As welfare, health, and education services, and all the other shibboleths of the old nation state begin to break up because government cannot pay for them, we shall see the re-emergence of the extended family unit, particularly among the once-prosperous middle class, as the core welfare model. Living together as an extended family for a much longer period of time, as in Asia, with publicly-inactive members whose role will be to maintain the family, while the elderly will take upon themselves the responsibility for educating the young – largely through privately funded, exclusive educational establishments which will rigidly exclude those who cannot pay, and also those whose children do not exhibit a sufficient level of intelligence to meet the intellectual demands of the institution.

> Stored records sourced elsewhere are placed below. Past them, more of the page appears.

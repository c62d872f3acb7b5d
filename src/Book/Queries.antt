-- ===== src/Book/Queries.antt =====
-- The queries on the book: a settlement leaves it alone, and the statements that confirm or
-- cancel a listing's bids do to it what its specification says.
use directory_platform.Common.{
  ℕ, ◌≡◌, refl, ap, ap₂, ◌∙◌, Bool, true, false, ◌&&◌, ◌||◌, not, Option, none, List, [], ◌∷◌, map,
  ◌==◌, arith, if◌then◌else◌, is_some, is_none, get_or, update,
}
use directory_platform.Rank.{BidStatus, RankedBid, ranks, is_pending, is_cancelled}
use directory_platform.Provider.{PayPalClient}
use directory_platform.Notify.{outbid_debounce_ms}
use directory_platform.Store.Rows.{BidRow, SpotRow, Viewer}
use directory_platform.Store.Tx.{modify}
use directory_platform.Store.Triple.{
  Triple, Keeps, Keeps-gets, Keeps-for_each, Triple-bind, Triple-pure,
}
use directory_platform.Store.Frame.{Holds, frame-assert_worker, frame-write_audit_as}
use directory_platform.Store.Spots.{cancelled_row}
use directory_platform.Store.Bids.{
  ranked_row, confirmed_row, notified_row, due, waits_for, live_of, confirm_listing_bids,
  cancel_listing_bids,
}
use directory_platform.Engine.Rows.{apply_rows, ranking_of}
use directory_platform.Engine.Keeps.{Keeps-settle_spots}
use directory_platform.Engine.Sync.{settle_spots}
use directory_platform.Engine.Confirmed.{HasDistinctIds-update, HasDistinctIds-ranking, map-ranking}
use directory_platform.Book.{
  confirmed, withdrawn, is_waiting, is_withdrawn, stage_of, Entry, entry, Shows, confirm_entry,
  cancel_entry,
}

ranked_stage :
    (c : Bool) (st : BidStatus)
    → ranks st ≡ true
    → stage_of (if c then BidStatus.outbid else BidStatus.active) ≡ stage_of st
ranked_stage c st h = ground arith

ranked_row-entry :
    (r : RankedBid) (at : ℕ) (b : BidRow)
    → ranks b.status ≡ true
    → entry (ranked_row r at b) ≡ entry b
unfolding ranked_row
ranked_row-entry r at b h =
    ap (λ t. record (entry b) { stage = t }) (ranked_stage (is_none r.position) b.status h)

-- A statement that does to each row what `g` does to its entry.
map-update :
    (p : BidRow → Bool) (f : BidRow → BidRow) (g : Entry → Entry) (bids : List BidRow)
    → ((b : BidRow) → entry (if p b then f b else b) ≡ g (entry b))
    → map entry (update p f bids) ≡ map g (map entry bids)
map-update p f g [] h = refl
map-update p f g (b ∷ bs) h = ap₂ ◌∷◌ (h b) (map-update p f g bs h)

ranking-Shows :
    (m : List Entry) (spot : SpotRow) (spot_id at : ℕ) (bids : List BidRow)
    → Shows m bids
    → Shows m (apply_rows at spot_id (ranking_of spot spot_id bids) bids)
ranking-Shows m spot spot_id at bids (d, e) = (
  HasDistinctIds-ranking spot spot_id at bids d,
  map-ranking entry ranked_row-entry spot spot_id at bids d ∙ e,
)

map_same : (m : List Entry) → map (λ e. e) m ≡ m
map_same [] = refl
map_same (e ∷ es) = ap₂ ◌∷◌ refl (map_same es)

mark-Shows :
    (m : List Entry) (at bid_id : ℕ) (bids : List BidRow)
    → Shows m bids
    → Shows m (update (due at outbid_debounce_ms bid_id) (notified_row at) bids)
unfolding notified_row
mark-Shows m at bid_id bids (d, e) = (
  HasDistinctIds-update _ (notified_row at) bids (λ b. same_id b) d,
  map-update _ (notified_row at) (λ e. e) bids (λ b. same b (due at outbid_debounce_ms bid_id b))
      ∙ map_same _
      ∙ e,
)
  where
    same_id : (b : BidRow) → (notified_row at b).id ≡ b.id
    same_id b = refl

    same : (b : BidRow) (c : Bool) → entry (if c then notified_row at b else b) ≡ entry b
    same b true = refl
    same b false = refl

-- A settlement leaves the book as it is: it moves bids, charges for them and tells their owners.
pub settle_spots-Shows :
    (m : List Entry) (client : Option PayPalClient) (ids also : List ℕ) (silent : Option ℕ)
    → Keeps (Holds (Shows m)) (settle_spots client ids also silent)
settle_spots-Shows m = Keeps-settle_spots (Shows m) (ranking-Shows m) (mark-Shows m)

-- A statement on the rows, as a statement on the book.
pub update-Shows :
    (m : List Entry) (p : BidRow → Bool) (f : BidRow → BidRow) (g : Entry → Entry)
    → ((b : BidRow) → (f b).id ≡ b.id)
    → ((b : BidRow) → entry (if p b then f b else b) ≡ g (entry b))
    → Triple
        (Holds (Shows m))
        (modify (λ s. record s { bids = update p f s.bids }))
        (λ _. Holds (Shows (map g m)))
unfolding modify
update-Shows m p f g same h = record {
  at = λ s k.
      (HasDistinctIds-update p f s.bids same k.0, map-update p f g s.bids h ∙ ap (map g) k.1);
}

pub pending_waits : (st : BidStatus) → is_pending st ≡ is_waiting (stage_of st)
pending_waits st = ground arith

pub cancelled_is_withdrawn : (st : BidStatus) → is_cancelled st ≡ is_withdrawn (stage_of st)
cancelled_is_withdrawn st = ground arith

confirmed_stage :
    (st : BidStatus)
    → stage_of (if is_pending st then BidStatus.active else st)
      ≡ (if is_waiting (stage_of st) then confirmed else stage_of st)
confirmed_stage st = ground arith

confirmed_id : (at : ℕ) (b : BidRow) → (confirmed_row at b).id ≡ b.id
unfolding confirmed_row
confirmed_id at b = refl

pub cancelled_id : (at : ℕ) (b : BidRow) → (cancelled_row at b).id ≡ b.id
unfolding cancelled_row
cancelled_id at b = refl

confirmed_row-entry :
    (l at : ℕ) (b : BidRow)
    → entry (if waits_for l b then confirmed_row at b else b) ≡ confirm_entry l (entry b)
unfolding confirmed_row
confirmed_row-entry l at b =
    split (waits_for l b) _ (
      ap (λ c. b.listing_id == l && (c || is_some b.pending_amount_cents)) (pending_waits b.status))
  where
    split :
        (c c' : Bool)
        → c ≡ c'
        → entry (if c then confirmed_row at b else b) ≡ (
            if c'
            then record (entry b) {
              amount_cents = get_or b.pending_amount_cents b.amount_cents;
              raise = none;
              stage = if is_waiting (stage_of b.status) then confirmed else stage_of b.status;
            }
            else entry b)
    split true true e =
        ap (λ t. record (entry (confirmed_row at b)) { stage = t }) (confirmed_stage b.status)
    split false false e = refl
    split true false e = cc
    split false true e = cc

cancelled_row-entry :
    (l at : ℕ) (b : BidRow)
    → entry (if live_of l b then cancelled_row at b else b) ≡ cancel_entry l (entry b)
unfolding cancelled_row
cancelled_row-entry l at b =
    rw (cancelled_is_withdrawn b.status)
      (split (b.listing_id == l && not (is_withdrawn (stage_of b.status))))
  where
    split :
        (c : Bool)
        → entry (if c then cancelled_row at b else b)
          ≡ (if c then record (entry b) { raise = none; stage = withdrawn } else entry b)
    split true = refl
    split false = refl

pub confirm_listing_bids-Shows :
    (m : List Entry) (v : Viewer) (l : ℕ)
    → Triple
        (Holds (Shows m))
        (confirm_listing_bids v l)
        (λ _. Holds (Shows (map (confirm_entry l) m)))
unfolding confirm_listing_bids
confirm_listing_bids-Shows m v l = Triple-bind _ _ _ (frame-assert_worker (Shows m) v) λ _.
    Triple-bind _ _ _ (Keeps-gets _) λ at. Triple-bind _ _ _ (Keeps-gets _) λ rows.
      Triple-bind _ _ _ (update-Shows m _ _ _ (λ b. confirmed_id at b) (confirmed_row-entry l at))
        λ _. Triple-pure _ (λ s h. h)

pub cancel_listing_bids-Shows :
    (m : List Entry) (v : Viewer) (l : ℕ)
    → Triple
        (Holds (Shows m))
        (cancel_listing_bids v l)
        (λ _. Holds (Shows (map (cancel_entry l) m)))
unfolding cancel_listing_bids
cancel_listing_bids-Shows m v l =
    let after = Shows (map (cancel_entry l) m) in
    Triple-bind _ _ _ (frame-assert_worker (Shows m) v) λ _. Triple-bind _ _ _ (Keeps-gets _) λ at.
      Triple-bind _ _ _ (Keeps-gets _) λ rows.
        Triple-bind _ _ _ (update-Shows m _ _ _ (λ b. cancelled_id at b) (cancelled_row-entry l at))
          λ _.
            Triple-bind _ _ _ (Keeps-for_each _ _ λ b. frame-write_audit_as after _ _ _ _)
              λ _. Triple-pure _ (λ s h. h)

These institutions will be driven by the need to attract the brightest and best of each generation, in order to be able to continue to demonstrate intellectual excellence, which will in turn be driven by the increasing competition between educational establishments whose examination results will be rigidly graded and whose function will be to turn out the next generation of ‘super consultants’. Schools will guard their entrance requirements by both increases in intellectual standards and fee structures so that only the truly wealthy and the most intellectually entrepreneurial will be able to qualify for admission.
Universities, in turn, will be graded by fee structures, having the power to charge on a scale which will exclude the majority of individuals who cannot meet either their intellectual or their financial standards. In order to meet the need to deliver the necessary level of financial requirement to achieve these standards, full family property inheritance will become paramount – inheritance taxes will need to be abolished, and we will see increasing pressure on Government to reform these taxes - parents will literally become the trustees of their children’s future, and in turn, their own welfare, as their offspring will be required to guarantee their parent’s longer term care, as they grow older and live longer. Having the ability to pass on their fortune intact to their offspring will therefore become for the wealthy, a significantly important investment for their own well-being in the future, and just like their Roman counterparts at the end of the 5th century AD, they may need to find other jurisdictions to escape to in order to enjoy the fruits of their labours.
Where will they go?
Well the Asian market seems as good a place as any right now.